Lone survivor of seven sets of twins born to his mother, he started life as a legend among the Yoruba in Nigeria, who have one of the highest rates of twin births and infant deaths in the world. According to family lore, he was the spirit that kept trying to be born and kept being turned back, the child “born to die.” Bamidele to his father, Olaniyi to his grandmother, Prince Twins Seven-Seven renamed himself in adulthood to commemorate newly found royal lineage and the circumstances of his birth, which colored his life and shaped his art. Deeply conscious of these aspects of his nature, he has conveyed in art his personal understanding of a world teeming with spirits and populated with myths.

A young man in his early 20s, he went on the road as a dancer and musician. “I was born with music.” He found himself in the town of Oshogbo, in the heart of southwestern Nigeria’s Yoruba-speaking people. “I was…doing entertainment for traders to boost their sales. They would hire me and I would dance to attract people.” Oshogbo was home to a namesake artists group, progenitor of modernism. German scholars Ulli and Georgina Beier promoted literature and the arts there and conducted workshops for young talent outside the academic art scene. Twins was invited to stay and soon showed artistic promise with imaginative works free of form, perspective, proportion, or convention. “I don’t want to do what everybody does.” From the start, his works were instead vibrant and rich in linear and color motifs and were informed by the surrounding culture, one of the oldest, largest, and most influential in Africa, with a long tradition of sculpture, wood and metal carving, textiles, and beadwork.

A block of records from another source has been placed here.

-- ===== src/Ledger.antt =====
-- network_layer/flag_fault_logger.py, bilge_audit_logger.py and shore_audit_logger.py: the audit loggers
-- with a bounded queue, a writer thread and rows chained by SHA-256. They differ in the keys of a
-- snapshot (children Flag, Bilge and Shore) and share all else, which is modelled here once.
--
-- A CSV file is the list of its rows, each a list of cells: `csv.reader` gives back what
-- `csv.writer` wrote. `hashlib.sha256(...).hexdigest()` is the parameter `sha256`. The module-level
-- name `watchdog`, which the writer uses and the modules do not define, is the flag
-- `watchdog_bound`: where it is not bound the call raises NameError, which ends the thread.
--
-- The writer is a thread of its own: start_services stands for the start with the thread's first
-- action, the header. While one writer lives, nobody else reads or stores the hash, so that its round
-- is one event. A stop waits five seconds for the writer and no longer; a start that finds the former
-- writer alive leaves two of them (`overlapping`), and what each then takes from the queue, reads as
-- the hash, records and leaves behind is given by the events take_beside and write_beside.
pub mod Flag
pub mod Bilge
pub mod Shore
pub mod Verify
pub mod Chain
pub mod Restart
pub mod Tamper
pub mod Queue
pub mod Drain
pub mod Machine
pub mod Mission
pub mod Linked
pub mod Latest
pub mod Boot
use univac.Base.{
  ℕ, ◌<◌, Bool, true, false, not, ◌&&◌, ◌||◌, Option, none, some, List, [], ◌∷◌, ◌++◌, length, ltb,
  is_empty, if◌then◌else◌, zero, suc, get_elem?,
}
use univac.Text.{Text, codes, join}

abbrev pub Row : Type 0
Row = List Text

-- The anchor of the chain, 64 zeros.
unfoldable pub genesis_hash : Text
genesis_hash = codes "0000000000000000000000000000000000000000000000000000000000000000"

abbrev pub queue_limit : ℕ
queue_limit = 1000

pub record Logger (A : Type 0) : Type 0 where
  pub is_logging : Bool
  pub log_queue : List A
  pub previous_row_hash : Text
  -- whether a writer lives; behind an overlap, whether one may
  pub worker_alive : Bool
  -- whether a start has found a writer alive
  pub overlapping : Bool
  -- what overlapping writers have taken and not written
  pub in_hand : List A
  -- the file of the day: none if it does not exist
  pub file : Option (List Row)

-- What happens to a logger. The flag says whether the disk access of the event succeeds (or raises
-- IOError).
pub data LogEvent (A : Type 0) : Type 0 where
  start_services : Bool → LogEvent A
  capture : A → LogEvent A
  -- one round of the writer's loop
  write_next : Bool → LogEvent A
  stop_services : LogEvent A
  -- an overlapping writer takes a snapshot; one of them writes the i-th that is taken, with the hash
  -- that it read for the digest, the one that it read for the last cell, and the one that is left
  take_beside : LogEvent A
  write_beside : (disk_ok : Bool) (i : ℕ) (hashed recorded left : Text) → LogEvent A

-- Without the i-th.
abbrev pub remove_at : {A : Type 0} → ℕ → List A → List A
remove_at i [] = []
remove_at zero (x ∷ l) = l
remove_at (suc i) (x ∷ l) = x ∷ remove_at i l

abbrev pub is_none {ℓ} : {A : Type ℓ} → Option A → Bool
is_none none = true
is_none (some a) = false

abbrev pub append_row : Option (List Row) → Row → Option (List Row)
append_row none row = some (row ∷ [])
append_row (some rows) row = some (rows ++ (row ∷ []))

-- What the two loggers differ in, and what they take from elsewhere.
pub record LoggerSetup (A : Type 0) : Type 0 where
  pub sha256 : Text → Text
  -- the `str` of the values in front of the two hashes
  pub cells : A → List Text
  pub csv_headers : Row
  pub watchdog_bound : Bool

-- A new logger of a process: the file may be there from earlier in the day.
unfoldable pub new_logger : {A : Type 0} → Option (List Row) → Logger A
new_logger file = record {
  is_logging = false;
  log_queue = [];
  previous_row_hash = genesis_hash;
  worker_alive = false;
  overlapping = false;
  in_hand = [];
  file = file;
}

module _ {A : Type 0} (setup : LoggerSetup A) where
  -- f"{...},{...},{self.previous_row_hash}"
  unfoldable pub data_string : A → Text → Text
  data_string a previous = join b',' (setup.cells a) ++ (b',' ∷ previous)

  unfoldable pub row_hash : A → Text → Text
  unfolding data_string
  row_hash a previous = setup.sha256 (data_string a previous)

  unfoldable pub final_row : A → Text → Row
  final_row a previous = setup.cells a ++ (row_hash a previous ∷ previous ∷ [])

  -- `_initialize_log_file`
  unfoldable pub initialize_log_file : Bool → Logger A → Logger A
  initialize_log_file disk_ok s =
      if is_none s.file && disk_ok
      then record s { file = some (setup.csv_headers ∷ []); worker_alive = setup.watchdog_bound }
      else s

  -- The part of the loop behind `log_queue.get`: the item has left the queue.
  unfoldable pub write_item : Bool → A → Logger A → Logger A
  write_item disk_ok a s =
      let sha = row_hash a s.previous_row_hash in
      let written = record s { file = append_row s.file (final_row a s.previous_row_hash) } in
      if not disk_ok
      then s
      else if setup.watchdog_bound
      then record written { previous_row_hash = sha }
      else record written { worker_alive = false }

  -- One round of `_io_writer_worker_loop`.
  unfoldable pub worker_round : Bool → List A → Logger A → Logger A
  worker_round disk_ok [] s = if s.is_logging then s else record s { worker_alive = false }
  worker_round disk_ok (a ∷ rest) s = write_item disk_ok a (record s { log_queue = rest })

  -- The end of one writer is not the end of the other.
  abbrev pub keep_other : Logger A → Logger A
  keep_other s = record s { worker_alive = s.worker_alive || s.overlapping }

  unfoldable pub take_one : List A → Logger A → Logger A
  take_one [] s = s
  take_one (a ∷ rest) s = record s { log_queue = rest; in_hand = s.in_hand ++ (a ∷ []) }

  unfoldable pub write_taken : Bool → ℕ → Text → Text → Text → Option A → Logger A → Logger A
  write_taken disk_ok i hashed recorded left none s = s
  write_taken disk_ok i hashed recorded left (some a) s =
      let row = setup.cells a ++ (row_hash a hashed ∷ recorded ∷ []) in
      record s {
        in_hand = remove_at i s.in_hand;
        file = if disk_ok then append_row s.file row else s.file;
        previous_row_hash = left;
      }

  unfoldable pub step : LogEvent A → Logger A → Logger A
  step (start_services disk_ok) s =
      if s.is_logging
      then s
      else keep_other (
          initialize_log_file disk_ok (record s {
            is_logging = true;
            worker_alive = true;
            overlapping = s.overlapping || s.worker_alive;
          }))
  step (capture a) s =
      if not s.is_logging
      then s
      else if ltb (length s.log_queue) queue_limit
      then record s { log_queue = s.log_queue ++ (a ∷ []) }
      else s
  step (write_next disk_ok) s =
      if s.worker_alive then keep_other (worker_round disk_ok s.log_queue s) else s
  step stop_services s = record s { is_logging = false }
  step take_beside s = if s.overlapping then take_one s.log_queue s else s
  step (write_beside disk_ok i hashed recorded left) s =
      if s.overlapping
      then write_taken disk_ok i hashed recorded left (get_elem? s.in_hand i) s
      else s

  abbrev pub run : List (LogEvent A) → Logger A → Logger A
  run [] s = s
  run (e ∷ l) s = run l (step e s)
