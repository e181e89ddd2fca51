-- ===== src/Ledger/Bilge.antt =====
-- The snapshot of bilge_audit_logger.py.
use univac.Base.{ℕ, Option, List, [], ◌∷◌, or_default}
use univac.Text.{Text, codes}
use univac.Text.Decimal.{decimal}
use univac.Floats.{Floating}
use univac.Ledger.{Row}

-- The keys of the authority router's answer that are logged.
pub record ResolvedCommands (F : Type 0) : Type 0 where
  pub active_authority_mode : Option Text
  pub routing_source_string : Option Text
  pub resolved_overboard_valve_open : Option ℕ
  pub resolved_recirculation_valve_open : Option ℕ
  pub total_clean_water_discharged_liters : Option F

pub record BilgeSnapshot (F : Type 0) : Type 0 where
  pub timestamp : F
  pub mode : Text
  pub source : Text
  pub overboard : ℕ
  pub recirc : ℕ
  pub volume : F
  pub ppm : F

abbrev pub bilge_headers : Row
bilge_headers =
    codes "timestamp_epoch"
    ∷ codes "active_authority_mode"
    ∷ codes "routing_source"
    ∷ codes "overboard_valve_state"
    ∷ codes "recirc_valve_state"
    ∷ codes "total_volume_discharged_liters"
    ∷ codes "oil_concentration_ppm"
    ∷ codes "current_row_sha256"
    ∷ codes "previous_row_sha256"
    ∷ []

module _ {F : Type 0} ⦃fl : Floating F⦄ where
  -- The dictionary that `capture_bilge_state_snapshot` queues.
  unfoldable pub bilge_snapshot : F → ResolvedCommands F → F → BilgeSnapshot F
  bilge_snapshot now c oil_ppm = record {
    timestamp = now;
    mode = or_default c.active_authority_mode (codes "UNKNOWN");
    source = or_default c.routing_source_string (codes "UNKNOWN");
    overboard = or_default c.resolved_overboard_valve_open 0;
    recirc = or_default c.resolved_recirculation_valve_open 0;
    volume = or_default c.total_clean_water_discharged_liters (fl.lit 0 1);
    ppm = oil_ppm;
  }

  -- The cells in front of the two hashes.
  abbrev pub bilge_cells : BilgeSnapshot F → List Text
  bilge_cells d =
      fl.repr d.timestamp
      ∷ d.mode
      ∷ d.source
      ∷ decimal d.overboard
      ∷ decimal d.recirc
      ∷ fl.repr d.volume
      ∷ fl.repr d.ppm
      ∷ []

The Yoruba acknowledge a supreme deity, Olorun, and view the universe as two halves of a closed calabash. One filled with living beings―animals, people, and plants; the other with spirits, deities, and ancestors connected with natural forces―thunder, rain, disease. When the sky god sent his son to earth, the son became the first ruler of the Yoruba kingdom. As his direct descendants, the first kings and their offspring became divine kings. In this world of complicated and constant interaction, living beings draw on surrounding forces to realize their personal destiny. Their descendent artist does no less. Steeped in these traditions, he brings through his art their authenticity and purity to the world.

“In order to make people look, you have to make it extraordinary.” Twin’s interpretation of this tightly woven cultural fabric had immediate and wide popular appeal. His works, usually intense personal variations of Yoruba myth often interspersed with his own life story, were well received at home and abroad and inspired many followers and imitators. He exhibited in France, Finland, and Japan. But he also experienced the downside of fame, along with financial and other difficulties. He fled Nigeria and traveled to the United States, where he settled for a while in Philadelphia. His work, again recognized and appreciated, is now found in museums around the world.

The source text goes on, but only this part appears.